In early learning, the inability to capitalize on research comes partly from a scarcity narrative that says there is no public money available, and by ingrained mindsets in some policymakers who think parents should just manage things on their own.

These approaches are inspiring, but science needs all the help it can get. So in July 2018, two scientists and a journalist-turned-policy-analyst (that’s us) brought together experts in child development with people from the entertainment industry, journalism, and policy to address the gap between what scientists learn in their labs and what children, their caregivers, and their teachers experience in real life.

In a new fellowship program called the Learning Sciences Exchange, funded by the Jacobs Foundation, we selected 12 mid-career experts across multiple disciplines. We introduced them to each other, put them in teams, and gave each team $16,000 to come up with solutions. Their aim was to develop products or advisories that could break through barriers and find new ways to help parents, educators, policymakers, and the general public understand and engage with what we have learned in the science of early learning.

They came up with three prototypes, each of which was inspired by findings from peer-reviewed journals.
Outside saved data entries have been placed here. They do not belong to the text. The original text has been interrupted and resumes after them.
-- ===== src/Config/Secrets.antt =====
-- The secrets that a configuration may hold, and the places where they stand.
use outlook_agent.Prelude.{
  Any, List, Option, String, [], code, false, if◌then◌else◌, nat_eq, none, some, true, ◌==◌, ◌||◌,
  ◌∷◌, ◌≡◌, ◌⊎◌,
}
use outlook_agent.Prelude.Text.{contains, is_blank, is_one_of, to_lower, trim_space}
use outlook_agent.Url.{Parser, Url}
use outlook_agent.Value.{Fields, Items, Value, array, cons, field, object, text}
use outlook_agent.Config.{cut_letter, query_parts}

-- a key's letters but for `_`, `-`, `.` and the space
abbrev pub bare : String → String
bare String.[] = String.[]
bare (String.◌∷◌ c s) =
    let rest = bare s in
    if nat_eq (code c) 95 || nat_eq (code c) 45 || nat_eq (code c) 46 || nat_eq (code c) 32
    then rest
    else String.◌∷◌ c rest

abbrev pub plain_key : String → String
plain_key key = bare (to_lower (trim_space key))

-- the key of a secret: it names a secret, and is not a reference to one
abbrev pub IsSecretKey : String → Type 0
IsSecretKey key =
    (is_one_of ("secretref" ∷ "secretstore" ∷ "tokenurl" ∷ "devicecodeurl" ∷ []) (plain_key key)
      ≡ false)
    × (Any (λ part. contains part (plain_key key) ≡ true)
          ("password" ∷ "accesstoken" ∷ "refreshtoken" ∷ "clientsecret" ∷ "apikey" ∷ "authorization"
            ∷ "cookie" ∷ "session" ∷ "canary" ∷ [])
        ⊎ Any (λ word. plain_key key ≡ word) ("token" ∷ "secret" ∷ []))

-- the value stands under the key
pub data Under (key : String) (child : Value) : Fields → Type 0 where
  here : {rest : Fields} → Under key child (field key child rest)
  there :
      {rest : Fields} (k : String) (v : Value)
      → Under key child rest
      → Under key child (field k v rest)

pub data Item (child : Value) : Items → Type 0 where
  item_here : {rest : Items} → Item child (cons child rest)
  item_there : {rest : Items} (v : Value) → Item child rest → Item child (cons v rest)

-- The value has the other one in it, under these keys; the elements of a list have the list's keys.
pub data Holds (w : Value) : Value → List String → Type 0 where
  itself : Holds w w []
  in_field :
      {fs : Fields} {path : List String} (key : String) (child : Value)
      → Under key child fs
      → Holds w child path
      → Holds w (object fs) (plain_key key ∷ path)
  in_item :
      {items : Items} {path : List String} (child : Value)
      → Item child items
      → Holds w child path
      → Holds w (array items) path

module _ (parse : Parser) (query_keys : String → Option (List String)) where
  -- a part of a query that is not well formed, up to its `=`
  abbrev pub IsSecretPart : String → Type 0
  IsSecretPart part =
      (key : String) × (value : String) × (cut_letter "=" part ≡ some (key, value))
      × IsSecretKey key

  -- the key of a secret in a query, or in a text that is not a well-formed one
  abbrev pub IsSecretQuery : String → Type 0
  IsSecretQuery encoded =
      (is_blank encoded ≡ false)
      × (((keys : List String) × (query_keys encoded ≡ some keys) × Any IsSecretKey keys)
          ⊎ ((query_keys encoded ≡ none) × Any IsSecretPart (query_parts encoded)))

  -- an absolute URL with userinfo, or with the key of a secret in its query or its fragment
  abbrev pub IsSecretUrl : String → Type 0
  IsSecretUrl s =
      (u : Url) × (parse (trim_space s) ≡ some u)
      × ((u.scheme == "") ≡ false)
      × ((u.host == "") ≡ false)
      × ((u.has_user ≡ true) ⊎ IsSecretQuery u.raw_query ⊎ IsSecretQuery u.fragment)

  -- A secret that stands in a value under these keys: the key of one, but for the names of the external
  -- stores, or a URL.
  pub data Secret : Value → List String → Type 0 where
    secret_key :
        {fs : Fields} {path : List String} (key : String) (child : Value)
        → Under key child fs
        → IsSecretKey key
        → (path ≡ "secrets" ∷ "external" ∷ [] → ⊥)
        → Secret (object fs) path
    secret_url : {path : List String} (s : String) → IsSecretUrl s → Secret (text s) path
These are pieces of science that might ordinarily be buried in dense academic reports or lectures, but the approaches that these teams took were wholly different. One team hired actors from the Screen Actors Guild to produce a public service announcement that felt like a sitcom, starring two grandpas supervising their baby granddaughter and squabbling over which books to read with her. Another developed a prototype for a series of beautifully illustrated board books about a mother bunny and her bunny offspring, driving home the importance of bonding and attachment in the early years. The third used animation, art, and music, combined with a child’s voice-over, to capture the vibrant orchestra of spoken words and back-and-forth dialogue that children need to hear from their caregivers.

These experts harnessed the power of storytelling and entertainment to do their work, applying the performance and art of acting, graphic illustration, and music in their quest to help bring science to life. By integrating science with the cultures and insights of other disciplines, we can reach non-scientists who can have a positive impact on children through their engagements with them everyday.
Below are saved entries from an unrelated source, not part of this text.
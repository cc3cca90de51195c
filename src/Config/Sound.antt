-- ===== src/Config/Sound.antt =====
-- The search for secrets finds each of them.
use outlook_agent.Prelude.{
  Any, Bool-cases, List, Option, String, [], any, ap, arith, code, eq→path, false, inl, inr, nat_eq,
  path→eq, refl, subst, sym, true, ◌&&◌, ◌++◌, ◌==◌, ◌∷◌, ◌≡◌,
}
use mathlib.Core.List.{append-nil, append_assoc}
use outlook_agent.Prelude.Text.{
  contains, contains_one, drop_letter, is_one_of, to_lower, trim_space,
}
use outlook_agent.Url.{Parser}
use outlook_agent.Value.{Fields, Items, Value, text}
use outlook_agent.Config.{
  contains_inline_secret, contains_sensitive_url_fallback, contains_sensitive_url_material,
  contains_sensitive_url_values, contains_url_userinfo, cut_letter, fields_contain_secret,
  is_external_secret_store_name, is_inline_secret_key, is_safe_secret_reference_key,
  items_contain_secret, normalize_config_key, query_parts, part_is_secret,
}
use outlook_agent.Config.Secrets.{
  Holds, IsSecretKey, IsSecretPart, IsSecretQuery, IsSecretUrl, Item, Secret, Under, bare, here,
  in_field, in_item, item_here, item_there, itself, plain_key, secret_key, secret_url, there,
}

plain_key-eq :
    (s : String) → drop_letter 32 (drop_letter 46 (drop_letter 45 (drop_letter 95 s))) ≡ bare s
unfolding drop_letter
plain_key-eq String.[] = refl
plain_key-eq (String.◌∷◌ c s) = elim (Bool-cases (nat_eq (code c) 95)) [
  | inl a ↦ rw a (plain_key-eq s)
  | inr a ↦ rw a (elim (Bool-cases (nat_eq (code c) 45)) [
    | inl b ↦ rw b (plain_key-eq s)
    | inr b ↦ rw b (elim (Bool-cases (nat_eq (code c) 46)) [
      | inl d ↦ rw d (plain_key-eq s)
      | inr d ↦ rw d (elim (Bool-cases (nat_eq (code c) 32)) [
        | inl e ↦ rw e (plain_key-eq s)
        | inr e ↦ rw e (ap (λ t. String.◌∷◌ c t) (plain_key-eq s))
      ])
    ])
  ])
]

pub normalize-eq : (key : String) → normalize_config_key key ≡ plain_key key
unfolding normalize_config_key
normalize-eq key = plain_key-eq (to_lower (trim_space key))

contains_one-of :
    (parts : List String) (s : String)
    → Any (λ part. contains part s ≡ true) parts
    → contains_one parts s ≡ true
unfolding contains_one
contains_one-of [] s k = elim k [ ]
contains_one-of (p ∷ ps) s (Any.here e) = rw e refl
contains_one-of (p ∷ ps) s (Any.there k) = ground (arith, contains_one-of ps s k)

is_one_of-of :
    (words : List String) (s : String) → Any (λ word. s ≡ word) words → is_one_of words s ≡ true
is_one_of-of [] s k = elim k [ ]
is_one_of-of (p ∷ ps) s (Any.here e) = ground (arith, path→eq s p e)
is_one_of-of (p ∷ ps) s (Any.there k) = ground (arith, is_one_of-of ps s k)

found_key : (key : String) → IsSecretKey key → is_inline_secret_key key ≡ true
unfolding is_inline_secret_key is_safe_secret_reference_key
found_key key (safe, named) = rw (normalize-eq key) (elim named [
  | inl part ↦ rw safe (ground (arith, contains_one-of _ (plain_key key) part))
  | inr word ↦ rw safe (ground (arith, is_one_of-of _ (plain_key key) word))
])

module _ (parse : Parser) (query_keys : String → Option (List String)) where
  found_keys : (keys : List String) → Any IsSecretKey keys → any is_inline_secret_key keys ≡ true
  found_keys [] k = elim k [ ]
  found_keys (key ∷ keys) (Any.here e) = rw (found_key key e) refl
  found_keys (key ∷ keys) (Any.there k) = ground (arith, found_keys keys k)

  found_parts :
      (parts : List String)
      → Any (IsSecretPart parse query_keys) parts
      → any (λ part. part_is_secret (cut_letter "=" part)) parts ≡ true
  found_parts [] k = elim k [ ]
  found_parts (part ∷ parts) (Any.here (key, value, e, secret)) = rw (e, found_key key secret) refl
  found_parts (part ∷ parts) (Any.there k) = ground (arith, found_parts parts k)

  found_query :
      (encoded : String)
      → IsSecretQuery parse query_keys encoded
      → contains_sensitive_url_values parse query_keys encoded ≡ true
  unfolding contains_sensitive_url_values contains_sensitive_url_fallback
  found_query encoded (b, inl (keys, e, k)) = rw (b, e) (found_keys keys k)
  found_query encoded (b, inr (e, k)) = rw (b, e) (found_parts (query_parts encoded) k)

  found_url :
      (s : String)
      → IsSecretUrl parse query_keys s
      → contains_inline_secret parse query_keys (text s) [] ≡ true
  unfolding contains_inline_secret contains_url_userinfo contains_sensitive_url_material
  found_url s (u, e, scheme, host, inl user) = rw (e, scheme, host, user) refl
  found_url s (u, e, scheme, host, inr (inl q)) =
      rw (e, scheme, host, found_query u.raw_query q) (ground arith)
  found_url s (u, e, scheme, host, inr (inr q)) =
      rw (e, scheme, host, found_query u.fragment q) (ground arith)

  not_external :
      (path : List String)
      → (path ≡ "secrets" ∷ "external" ∷ [] → ⊥)
      → is_external_secret_store_name path ≡ false
  unfolding is_external_secret_store_name
  not_external [] n = refl
  not_external (a ∷ []) n = refl
  not_external (a ∷ b ∷ []) n = elim (Bool-cases (a == "secrets" && b == "external")) [
    | inl e ↦
        absurd
          (n (rw (eq→path a "secrets" (ground arith), eq→path b "external" (ground arith)) refl))
    | inr e ↦ e
  ]
  not_external (a ∷ b ∷ c ∷ rest) n = refl

  found_name :
      (key : String) (child : Value) (fs : Fields) (path : List String)
      → Under key child fs
      → is_inline_secret_key key ≡ true
      → is_external_secret_store_name path ≡ false
      → fields_contain_secret parse query_keys fs path ≡ true
  unfolding contains_inline_secret
  found_name key child _ path (here) e n = rw (n, e) refl
  found_name key child _ path (there {rest} k v u) e n =
      ground (arith, found_name key child rest path u e n)

  found_child :
      (key : String) (child : Value) (fs : Fields) (path : List String)
      → Under key child fs
      → contains_inline_secret parse query_keys child (path ++ plain_key key ∷ []) ≡ true
      → fields_contain_secret parse query_keys fs path ≡ true
  unfolding contains_inline_secret
  found_child key child _ path (here) e = rw (normalize-eq key, e) (ground arith)
  found_child key child _ path (there {rest} k v u) e =
      ground (arith, found_child key child rest path u e)

  found_element :
      (child : Value) (items : Items) (path : List String)
      → Item child items
      → contains_inline_secret parse query_keys child path ≡ true
      → items_contain_secret parse query_keys items path ≡ true
  unfolding contains_inline_secret
  found_element child _ path (item_here) e = rw e refl
  found_element child _ path (item_there {rest} v u) e =
      ground (arith, found_element child rest path u e)

  is_found :
      (w : Value) (path : List String)
      → Secret parse query_keys w path
      → contains_inline_secret parse query_keys w path ≡ true
  unfolding contains_inline_secret
  is_found _ path (secret_key {fs} key child u e n) =
      found_name key child fs path u (found_key key e) (not_external path n)
  is_found _ path (secret_url s e) = found_url s e

  found_inside :
      (w v : Value) (front path : List String)
      → Holds w v path
      → contains_inline_secret parse query_keys w (front ++ path) ≡ true
      → contains_inline_secret parse query_keys v front ≡ true
  unfolding contains_inline_secret
  found_inside w _ front _ (itself) e =
      subst (λ p. contains_inline_secret parse query_keys w p ≡ true) (append-nil front) e
  found_inside w _ front _ (in_field {fs} {path} key child u h) e =
      found_child key child fs front u (
        found_inside w child (front ++ plain_key key ∷ []) path h (
          subst (λ p. contains_inline_secret parse query_keys w p ≡ true)
            (sym (append_assoc front (plain_key key ∷ []) path)) e))
  found_inside w _ front path (in_item {items} child u h) e =
      found_element child items front u (found_inside w child front path h e)

  -- The search finds every secret of a configuration, at any depth: the key of a secret, unless it
  -- stands among the names of the external secret stores, and an absolute URL with userinfo or with
  -- the key of a secret in its query or its fragment.
  pub contains_inline_secret-of_Secret :
      (v w : Value) (path : List String)
      → Holds w v path
      → Secret parse query_keys w path
      → contains_inline_secret parse query_keys v [] ≡ true
  contains_inline_secret-of_Secret v w path h e = found_inside w v [] path h (is_found w path e)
As the program expands to bring on 15 more fellows in 2020, it is also helping us realize the power of building relationships across sectors, instead of succumbing to systems that keep people walled off from one another. By mixing researchers and policy influencers with creatives and communicators, people from different sectors can help to break down the barriers that prevent critical findings about child development—or mask wearing, or vaccinations—from becoming more resonant in the public consciousness. Integrating science and research into policymaking and everyday life is hard. But bringing people together to learn different ways of thinking and working? Giving people space to build something together? That should not be so difficult. Let’s start there.

Lisa Guernsey is director of the Teaching, Learning, and Tech program at New America, Kathy Hirsh-Pasek directs the Infant Language Laboratory at Temple University, and Roberta Golinkoff directs the Child’s Play, Learning, and Development Lab at the University of Delaware.